Green Synthesis of CuCr2O4Nano Composite from Rosemary Extract and Evaluation of its Anti-Breast Cancer Properties

Document Type : Research Paper

Authors

Department of Chemistry, College of Education for Pure Sciences, University of Diyala, Iraq

10.22052/JNS.2024.04.018

Abstract

In this study, CuCr2O4 nanoparticles were prepared by utilizing rosemary leaf extract in a novel, simple, and inexpensive procedure that incorporated three techniques: co-precipitation, ultrasound, and green chemistry. The following methods were used to characterize the produced nanoparticles: XRD, FT-IR, EDX, SEM, and Zeta Potential. The average particle size measured in the XRD was 40.65nm.
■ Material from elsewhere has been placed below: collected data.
-- ===== src/Knxd/Client/Connection/Reopening.antt =====
-- The calls of the client in src/knxd/knxd_client.cpp return, from `send_bytes` up to `reconnect`.
use cometvisu_knxd_fcgi.Prelude.Program.{◌>>=◌, ◌>>◌, give, change}
use cometvisu_knxd_fcgi.Knxd.Client.Os.{Os}
use cometvisu_knxd_fcgi.Knxd.Message.{
  EibTypes, ParseResult, rejected, undefined_behaviour, parsed, parse_eibd_message,
  build_open_groupcon, build_eibd_message,
}
use cometvisu_knxd_fcgi.Knxd.Client.Writing.Whole.{write_all-Ends}
use cometvisu_knxd_fcgi.Knxd.Client.Writing.{write_all}
use cometvisu_knxd_fcgi.Knxd.Client.Reading.Deadline.{read_message_deadline-Ended}
use cometvisu_knxd_fcgi.Knxd.Client.Connection.{
  Link, disconnect, set_nonblocking, connect, receive_deadline, send_bytes, finish_handshake,
  handshake, open_group_socket, reopen, reconnect, is_empty, read_message_deadline,
}
use cometvisu_knxd_fcgi.Prelude.{
  ℕ, ◌≤◌, ◌≡◌, refl, inl, inr, Bool, true, false, Option, none, some, arith, Bytes, if◌then◌else◌,
  length, Bool-cases, ◌+◌, ◌<◌, ◌==◌, is_empty,
}
use cometvisu_knxd_fcgi.Knxd.Client.Reading.{Received, read_message_deadline}
use cometvisu_knxd_fcgi.Knxd.Client.Connection.Ending.{
  CalmLaw, Returns, returns, bind-Returns, earlier, disconnect-Calmer, set_nonblocking-Calmer,
  connect-Calmer,
}

module _ {W : Type 0} (os : Os W) (path_limit : ℕ) (sent received : ℕ → W → Bytes)
    (patience : W → ℕ) (law : CalmLaw os path_limit sent received patience) where
  -- Enough fuel for the loops of a call, whatever is sent or received.
  abbrev pub Fuelled : ℕ → Link W → Type 0
  Fuelled fuel l = 65537 + patience l.world < fuel

  send_bytes_step :
      (fuel fd : ℕ) (bytes : Bytes) (l : Link W) (ok : Bool) (w : W)
      → write_all os fuel fd bytes l.world ≡ some (ok, w)
      → send_bytes os path_limit fuel fd bytes l ≡ some (ok, record l { world = w })
  unfolding send_bytes
  send_bytes_step fuel fd bytes l ok w e = rw (send_bytes, e)

  pub send_bytes-Returns :
      (fuel fd : ℕ) (bytes : Bytes) (l : Link W)
      → Fuelled fuel l
      → length bytes ≤ 65537
      → Returns os path_limit sent received patience (send_bytes os path_limit fuel fd bytes l) l
  unfolding send_bytes
  send_bytes-Returns fuel fd bytes l enough short =
      let e = write_all-Ends os sent patience fuel fd bytes l.world law.writing (omega arith) in
      record {
        value = e.ok;
        after = record l { world = e.world };
        ended = send_bytes_step fuel fd bytes l e.ok e.world e.ended;
        calmer = e.calm;
      }

  receive_deadline_step :
      (fuel fd : ℕ) (l : Link W) (r : Received W)
      → read_message_deadline os fuel fd l.client.read_buffer l.client.handshake_timeout_ms l.world
        ≡ some r
      → receive_deadline os path_limit fuel fd l
        ≡ some (
          r.message,
          record { client = record l.client { read_buffer = r.buffer }; world = r.world },
        )
  unfolding receive_deadline
  receive_deadline_step fuel fd l r e = rw (receive_deadline, e)

  receive_deadline-Returns :
      (fuel fd : ℕ) (l : Link W)
      → Fuelled fuel l
      → Returns os path_limit sent received patience (receive_deadline os path_limit fuel fd l) l
  unfolding receive_deadline
  receive_deadline-Returns fuel fd l enough =
      let e =
        read_message_deadline-Ended os received patience fuel fd l.client.read_buffer
          l.client.handshake_timeout_ms l.world law.reading (omega arith) (omega arith) in
      record {
        value = e.outcome.message;
        after = record {
          client = record l.client { read_buffer = e.outcome.buffer };
          world = e.outcome.world;
        };
        ended = receive_deadline_step fuel fd l e.outcome e.ended;
        calmer = e.calm;
      }

  parsed-Returns :
      (eib : EibTypes) (resp : Bytes) (l : Link W) (r : ParseResult)
      → parse_eibd_message resp ≡ r
      → Returns os path_limit sent received patience
          (finish_handshake os path_limit eib (some resp) l)
          l
  unfolding finish_handshake
  parsed-Returns eib resp l rejected e =
      rw (finish_handshake, e)
        (returns os path_limit sent received patience false l l (omega arith))
  parsed-Returns eib resp l undefined_behaviour e =
      rw (finish_handshake, e)
        (returns os path_limit sent received patience false l l (omega arith))
  parsed-Returns eib resp l (parsed resp_type data_) e =
      rw (finish_handshake, e)
        (returns os path_limit sent received patience (resp_type == eib.open_groupcon) l _
          (omega arith))

  finish-Returns :
      (eib : EibTypes) (answer : Option Bytes) (l : Link W)
      → Returns os path_limit sent received patience (finish_handshake os path_limit eib answer l) l
  unfolding finish_handshake
  finish-Returns eib none l = returns os path_limit sent received patience false l l (omega arith)
  finish-Returns eib (some resp) l = parsed-Returns eib resp l (parse_eibd_message resp) refl

  length-open_groupcon :
      (eib : EibTypes) (write_only : Bool) → length (build_open_groupcon eib write_only) ≡ 7
  unfolding build_open_groupcon build_eibd_message
  length-open_groupcon eib write_only = refl

  answer-Returns :
      (fuel : ℕ) (eib : EibTypes) (fd : ℕ) (ok : Bool) (l : Link W)
      → Fuelled fuel l
      → Returns os path_limit sent received patience
          ((if ok
              then receive_deadline os path_limit fuel fd >>= finish_handshake os path_limit eib
              else give false)
            l)
          l
  answer-Returns fuel eib fd true l enough =
      bind-Returns os path_limit sent received patience (receive_deadline os path_limit fuel fd)
        (finish_handshake os path_limit eib) l (receive_deadline-Returns fuel fd l enough)
        (λ a l' h. finish-Returns eib a l')
  answer-Returns fuel eib fd false l enough =
      returns os path_limit sent received patience false l l (omega arith)

  handshake-Returns :
      (fuel : ℕ) (eib : EibTypes) (fd : ℕ) (write_only : Bool) (l : Link W)
      → Fuelled fuel l
      → Returns os path_limit sent received patience
          (handshake os path_limit fuel eib fd write_only l)
          l
  unfolding handshake
  handshake-Returns fuel eib fd write_only l enough =
      let l' : Link W = record l { client = record l.client { write_only = write_only } } in
      earlier os path_limit sent received patience _ l l' (omega arith) (
        bind-Returns os path_limit sent received patience
          (send_bytes os path_limit fuel fd (build_open_groupcon eib write_only)) _ l'
          (send_bytes-Returns fuel fd (build_open_groupcon eib write_only) l' enough
            (omega (arith, length-open_groupcon eib write_only)))
          (λ ok l'' h. answer-Returns fuel eib fd ok l'' (omega arith)))

  open_with :
      (fuel : ℕ) (eib : EibTypes) (write_only : Bool) (l : Link W) (fd : Option ℕ)
      → Fuelled fuel l
      → Returns os path_limit sent received patience {A = Bool}
          (elim fd [
            | none ↦ some (false, l)
            | some n ↦ handshake os path_limit fuel eib n write_only l
          ])
          l
  open_with fuel eib write_only l none enough =
      returns os path_limit sent received patience false l l (omega arith)
  open_with fuel eib write_only l (some n) enough = handshake-Returns fuel eib n write_only l enough

  open_group_socket-Returns :
      (fuel : ℕ) (eib : EibTypes) (write_only : Bool) (l : Link W)
      → Fuelled fuel l
      → Returns os path_limit sent received patience
          (open_group_socket os path_limit fuel eib write_only l)
          l
  unfolding open_group_socket
  open_group_socket-Returns fuel eib write_only l enough =
      open_with fuel eib write_only l l.client.fd enough

  reopened-Returns :
      (ok : Bool) (l : Link W)
      → Returns os path_limit sent received patience
          ((if ok
              then change (set_nonblocking os path_limit true) >> give true
              else change (disconnect os path_limit) >> give false)
            l)
          l
  reopened-Returns true l =
      returns os path_limit sent received patience true l (set_nonblocking os path_limit true l)
        (set_nonblocking-Calmer os path_limit sent received patience law true l)
  reopened-Returns false l =
      returns os path_limit sent received patience false l (disconnect os path_limit l)
        (disconnect-Calmer os path_limit sent received patience law l)

  reopen-Returns :
      (fuel : ℕ) (eib : EibTypes) (write_only : Bool) (l : Link W)
      → Fuelled fuel l
      → Returns os path_limit sent received patience (reopen os path_limit fuel eib write_only l) l
  unfolding reopen
  reopen-Returns fuel eib write_only l enough =
      bind-Returns os path_limit sent received patience
        (open_group_socket os path_limit fuel eib write_only) _ l
        (open_group_socket-Returns fuel eib write_only l enough) (λ ok l' h. reopened-Returns ok l')

  connected-Returns :
      (fuel : ℕ) (eib : EibTypes) (write_only up : Bool) (l : Link W)
      → Fuelled fuel l
      → Returns os path_limit sent received patience
          (if up then reopen os path_limit fuel eib write_only l else some (false, l))
          l
  connected-Returns fuel eib write_only true l enough = reopen-Returns fuel eib write_only l enough
  connected-Returns fuel eib write_only false l enough =
      returns os path_limit sent received patience false l l (omega arith)

  pub reconnect-Returns :
      (fuel : ℕ) (eib : EibTypes) (l : Link W)
      → Fuelled fuel l
      → Returns os path_limit sent received patience (reconnect os path_limit fuel eib l) l
  unfolding reconnect
  reconnect-Returns fuel eib l enough =
      let cleared = disconnect os path_limit l in
      let p = disconnect-Calmer os path_limit sent received patience law l in
      let (up, l₁) = connect os path_limit l.client.socket_path cleared in
      let q =
        connect-Calmer os path_limit sent received patience law l.client.socket_path cleared in
      elim (Bool-cases (is_empty l.client.socket_path)) [
        | inl empty ↦
            rw empty (returns os path_limit sent received patience false l l (omega arith))
        | inr some_path ↦ rw some_path (
            earlier os path_limit sent received patience _ l l₁ (omega arith)
              (connected-Returns fuel eib l.client.write_only up l₁ (omega arith)))
      ]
Still, the energy dispersive X-ray spectroscopy analysis showed that the weight percentages of the CuCr2O4 nanoparticles prepared by the green method are Cr 47.8%, Cu 42.7%, and O 9.4%. The Zeta Potential ZP was 5.6 mV. The average particle size in the SEM was 41.51 nm. The efficacy of the prepared nanoparticles was studied on the MCF-7 breast cancer cell line and compared with the drug Nolvadex-D used in the treatment of breast cancer in Iraq. The results demonstrated the nanoparticles’ outstanding efficacy and superiority over the medication. In addition, they were distinguished by their lack of cytotoxicity when measured against the drug’s toxicity on red blood cells in the toxicity screening test. If the results indicated that the drug Nolvadex-D had a cell killing value of (12.29%, 25.29%, 41.01%, and 54.59%) respectively at 24 hours, as well as for CuCr2O4, respectively at 24 hours, the cell killing results were (28.96%, 60.55%, 43.56%, and 64.01%) as well value IC50 (247.7ppm).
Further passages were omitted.